AC Biodeは、「化学技術により、地球の温暖化ガス削減と海洋プラスチックはじめグローバルなごみ問題解決・リサイクル率向上に貢献する」をミッションに掲げ、以下の事業を展開しています。

・交流電池と回路の開発
・Plastalyst(プラスタリスト):廃プラスチックをモノマーに解重合する触媒の開発
・CircuLite(サーキュライト):各種灰を吸着剤、抗菌剤にアップサイクルする技術の開発・展開(株式会社志恩との協業)

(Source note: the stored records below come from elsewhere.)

-- ===== src/Domain/ServiceLink/Score.antt =====
-- What the score of a service and a process can be, and what the best one means.
use instace_metric_collector.Common.{
  ℕ, ◌≤◌, ◌<◌, Str, same→eq, same_iff, is_empty, false, ◌≡◌, ◌⊎◌, inl, inr, ◌↔◌, arith, refl,
  Bool-cases,
}
use instace_metric_collector.Api.Types.{ProcessInfo, ServiceInfo}
use instace_metric_collector.Domain.ServiceLink.{
  ServiceTokens, ProcessTokens, service_tokens, process_tokens, score_tokens, score_service_process,
  default_min_score,
}

-- The five values that the code returns.
abbrev pub IsScore : ℕ → Type 0
IsScore n = (n ≡ 0) ⊎ (n ≡ 65) ⊎ (n ≡ 75) ⊎ (n ≡ 90) ⊎ (n ≡ 100)

module _ (lower : Str → Str) where
  score_tokens-IsScore :
      (st : ServiceTokens) (pt : ProcessTokens) → IsScore (score_tokens lower st pt)
  unfolding score_tokens
  score_tokens-IsScore st pt = ground arith

  score_tokens_exact :
      (st : ServiceTokens) (pt : ProcessTokens)
      → (score_tokens lower st pt ≡ 100)
        ↔ ((is_empty st.leaf_norm ≡ false) × (pt.base_norm ≡ st.leaf_norm))
  unfolding score_tokens
  score_tokens_exact st pt = (
    (λ h. (ground arith, same→eq _ _ (ground arith))),
    λ (n, e). ground (arith, same_iff pt.base_norm st.leaf_norm, n, e),
  )

  module _ {F : Type 0} (service : ServiceInfo) (proc : ProcessInfo F) where
    -- A score is 0, 65, 75, 90 or 100, so a match passes the default least score exactly when its
    -- score is not 0.
    pub score_service_process-IsScore :
        IsScore (score_service_process lower service proc)
        × ((default_min_score ≤ score_service_process lower service proc)
            ↔ (0 < score_service_process lower service proc))
    unfolding score_service_process
    score_service_process-IsScore =
        let shape =
          score_tokens-IsScore (service_tokens lower service.service_name)
            (process_tokens lower proc) in
        (ground arith, ((λ h. ground arith), λ h. ground arith))

    -- The score is 100 exactly when the service has a name whose leaf has a letter or a digit,
    -- and the program's base name is that leaf, both reduced to letters and digits.
    pub score_exact_iff : (score_service_process lower service proc ≡ 100) ↔ (
        (is_empty service.service_name ≡ false)
        × (is_empty (service_tokens lower service.service_name).leaf_norm ≡ false)
        × ((process_tokens lower proc).base_norm
            ≡ (service_tokens lower service.service_name).leaf_norm))
    unfolding score_service_process
    score_exact_iff =
        let exact =
          score_tokens_exact (service_tokens lower service.service_name)
            (process_tokens lower proc) in
        elim (Bool-cases (is_empty service.service_name)) [
          | inl e ↦ rw e ((λ h. absurd (omega arith)), λ (n, p, q). cc)
          | inr e ↦ rw e ((λ h. (refl, (exact.0 h).0, (exact.0 h).1)), λ (n, p, q). exact.1 (p, q))
        ]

電池・回路については、さらなる実証実験や各種最適化を進め、従来のリチウムイオン電池と同じ材料を使用しつつも最大で15%のAh用量工場を目指しています。

Plastalystでは、触媒の最適化、実験のスケール化を実施し、3年以内の実証実験、商業化を目指しています。

CircuLiteでは、灰の基礎調査と試作を国内外で7件受注し案件を進めています。今後も国内外への展開を強化し、リサイクル工場建設の加速、購入先の拡大を目指していきます。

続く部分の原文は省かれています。